CBC and urinalysis were done for both people.
They showed that Carmen had a normal white blood cell count, but on the dipstick test, leukocyte esterase and nitrites were both positive.
For Pamela, the white blood count was high, the dipstick test showed positive leukocyte esterase and nitrites, and on microscopy, there’s white blood cell casts in the urine.
Urinary tract infections (UTIs) are common bacterial infections that can occur in any part of the urinary tract, including the kidneys, bladder, ureters, and urethra. They are most commonly caused by bacteria, such as E.coli, Klebsiella pneumoniae, Proteus mirabilis, and Staphylococcus saprophyticus.

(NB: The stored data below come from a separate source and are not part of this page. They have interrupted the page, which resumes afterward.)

-- ===== src/Timer/Clock/Order.antt =====
-- The order of times, unit by unit, and the start of the next month, day, hour, minute and second.
use czx.Base.{ℕ, ◌+◌, ◌*◌, ◌≤◌, ◌<◌, ◌≡◌, refl, sym, ◌⊎◌, inl, inr, false, arith, ltb, Bool-cases}
use mathlib.Core.Path.{subst}
use czx.Timer.Clock.{
  Time, days_in, add_month, add_day, add_hour, add_minute, add_second, month_start, day_start,
  hour_start, minute_start,
}

pub record IsTime (t : Time) : Type 0 where
  pub year_pos : 1 ≤ t.year
  pub month_pos : 1 ≤ t.month
  pub month_le : t.month ≤ 12
  pub day_pos : 1 ≤ t.day
  pub day_le : t.day ≤ days_in t.year t.month
  pub hour_lt : t.hour < 24
  pub minute_lt : t.minute < 60
  pub second_lt : t.second < 60

abbrev pub month_rank : Time → ℕ
month_rank t = t.year * 12 + t.month

abbrev pub day_rank : Time → ℕ
day_rank t = month_rank t * 32 + t.day

abbrev pub hour_rank : Time → ℕ
hour_rank t = day_rank t * 24 + t.hour

abbrev pub minute_rank : Time → ℕ
minute_rank t = hour_rank t * 60 + t.minute

-- Times are ordered as these numbers.
abbrev pub rank : Time → ℕ
rank t = minute_rank t * 60 + t.second

pub days_in-bounds : (y m : ℕ) → (28 ≤ days_in y m) × (days_in y m ≤ 31)
unfolding days_in
days_in-bounds y m = ground arith

-- `later` is the first time behind `t` of another unit, as `unit` numbers them: no time between
-- the two is of another one; and it is of the same outer unit unless its `field` starts anew.
pub record IsNextUnit (unit outer field : Time → ℕ) (least : ℕ) (t later : Time) : Type 0 where
  pub is_time : IsTime later
  pub is_later : rank t < rank later
  pub between : (u : Time) → IsTime u → rank t ≤ rank u → rank u < rank later → unit u ≡ unit t
  pub kept : (field later ≡ least) ⊎ (outer later ≡ outer t)

-- The starts of the next units.
abbrev pub month_after : Time → Time
month_after t = add_month (month_start t)

abbrev pub day_after : Time → Time
day_after t = add_day (day_start t)

abbrev pub hour_after : Time → Time
hour_after t = add_hour (hour_start t)

abbrev pub minute_after : Time → Time
minute_after t = add_minute (minute_start t)

abbrev pub time : ℕ → ℕ → ℕ → ℕ → ℕ → ℕ → Time
time y mo d h mi s = record { year = y; month = mo; day = d; hour = h; minute = mi; second = s }

pub month_after_within :
    (t : Time) → IsTime t → t.month < 12 → month_after t ≡ time t.year (t.month + 1) 1 0 0 0
unfolding add_month month_start
month_after_within t v h = ground (arith, days_in-bounds t.year (t.month + 1))

pub month_after_last :
    (t : Time) → IsTime t → t.month ≡ 12 → month_after t ≡ time (t.year + 1) 1 1 0 0 0
unfolding add_month month_start
month_after_last t v h = ground (arith, days_in-bounds (t.year + 1) 1)

pub day_after_within :
    (t : Time)
    → IsTime t
    → t.day < days_in t.year t.month
    → day_after t ≡ time t.year t.month (t.day + 1) 0 0 0
unfolding add_day day_start
day_after_within t v h = ground arith

pub day_after_last :
    (t : Time) → IsTime t → t.day ≡ days_in t.year t.month → day_after t ≡ month_after t
unfolding add_day day_start add_month month_start
day_after_last t v h =
    ground (arith, days_in-bounds t.year (t.month + 1), days_in-bounds (t.year + 1) 1)

pub hour_after_within :
    (t : Time) → t.hour < 23 → hour_after t ≡ time t.year t.month t.day (t.hour + 1) 0 0
unfolding add_hour hour_start
hour_after_within t h = ground arith

pub hour_after_last : (t : Time) → IsTime t → 23 ≤ t.hour → hour_after t ≡ day_after t
unfolding add_hour hour_start day_start
hour_after_last t v h = ground arith

pub minute_after_within :
    (t : Time) → t.minute < 59 → minute_after t ≡ time t.year t.month t.day t.hour (t.minute + 1) 0
unfolding add_minute minute_start
minute_after_within t h = ground arith

pub minute_after_last : (t : Time) → 59 ≤ t.minute → minute_after t ≡ hour_after t
unfolding add_minute minute_start hour_start
minute_after_last t h = ground arith

pub second_after_within :
    (t : Time)
    → t.second < 59
    → add_second t ≡ time t.year t.month t.day t.hour t.minute (t.second + 1)
unfolding add_second
second_after_within t h = ground arith

pub second_after_last : (t : Time) → 59 ≤ t.second → add_second t ≡ minute_after t
unfolding add_second minute_start
second_after_last t h = ground arith

-- What is needed of a time for the comparisons.
abbrev pub IsBounded : Time → Type 0
IsBounded t =
    (1 ≤ t.month)
    × (t.month ≤ 12)
    × (1 ≤ t.day)
    × (t.day ≤ 31)
    × (t.hour < 24)
    × (t.minute < 60)
    × (t.second < 60)

pub bounds : {t : Time} → IsTime t → IsBounded t
bounds {t} v = (
  v.month_pos,
  v.month_le,
  v.day_pos,
  omega (arith, v.day_le, days_in-bounds t.year t.month),
  v.hour_lt,
  v.minute_lt,
  v.second_lt,
)

month_start-IsTime : (y m : ℕ) → 1 ≤ y → 1 ≤ m → m ≤ 12 → IsTime (time y m 1 0 0 0)
month_start-IsTime y m p q r = record {
  year_pos = p;
  month_pos = q;
  month_le = r;
  day_pos = omega arith;
  day_le = omega (arith, days_in-bounds y m);
  hour_lt = omega arith;
  minute_lt = omega arith;
  second_lt = omega arith;
}

pub month_after-IsNextUnit :
    (t : Time) → IsTime t → IsNextUnit month_rank (λ t. t.year) (λ t. t.month) 1 t (month_after t)
month_after-IsNextUnit t v = elim (Bool-cases (ltb t.month 12)) [
  | inl h ↦ subst (IsNextUnit _ _ _ 1 t) (sym (month_after_within t v (ground arith))) (record {
    is_time = month_start-IsTime _ _ v.year_pos (omega arith) (ground arith);
    is_later = omega (arith, bounds v);
    between = λ u w p q. omega (arith, bounds v, bounds w);
    kept = inr refl;
  })
  | inr h ↦
      subst (IsNextUnit _ _ _ 1 t) (sym (month_after_last t v (ground (arith, v.month_le))))
        (record {
          is_time = month_start-IsTime _ _ (omega arith) (omega arith) (omega arith);
          is_later = omega (arith, bounds v);
          between = λ u w p q. omega (arith, bounds v, bounds w, is_last h);
          kept = inl refl;
        })
]
  where
    is_last : ltb t.month 12 ≡ false → 12 ≤ t.month
    is_last h = ground arith

-- Where an outer unit's next start is that of the unit: the unit is at its end.
pub at_end :
    {unit outer field outer_outer outer_field : Time → ℕ} {least outer_least : ℕ} {t later : Time}
    → IsNextUnit outer outer_outer outer_field outer_least t later
    → field later ≡ least
    → ((u : Time) → IsTime u → outer u ≡ outer t → rank t ≤ rank u → unit u ≡ unit t)
    → IsNextUnit unit outer field least t later
at_end n started same = record {
  is_time = n.is_time;
  is_later = n.is_later;
  between = λ u w p q. same u w (n.between u w p q) p;
  kept = inl started;
}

Symptoms include pain or burning sensation when urinating, frequent urge to urinate, cloudy or strong-smelling urine, pain or pressure in the lower abdomen or back, and in more severe cases, fever or chills.
Risk factors for UTIs include female gender, sex, diabetes mellitus, indwelling catheters, pregnancy, and kidney stones. Complications of untreated or recurrent UTIs can include cystitis, pyelonephritis, and sepsis. Treatment typically involves a course of antibiotics and plenty of fluids to help flush out the bacteria.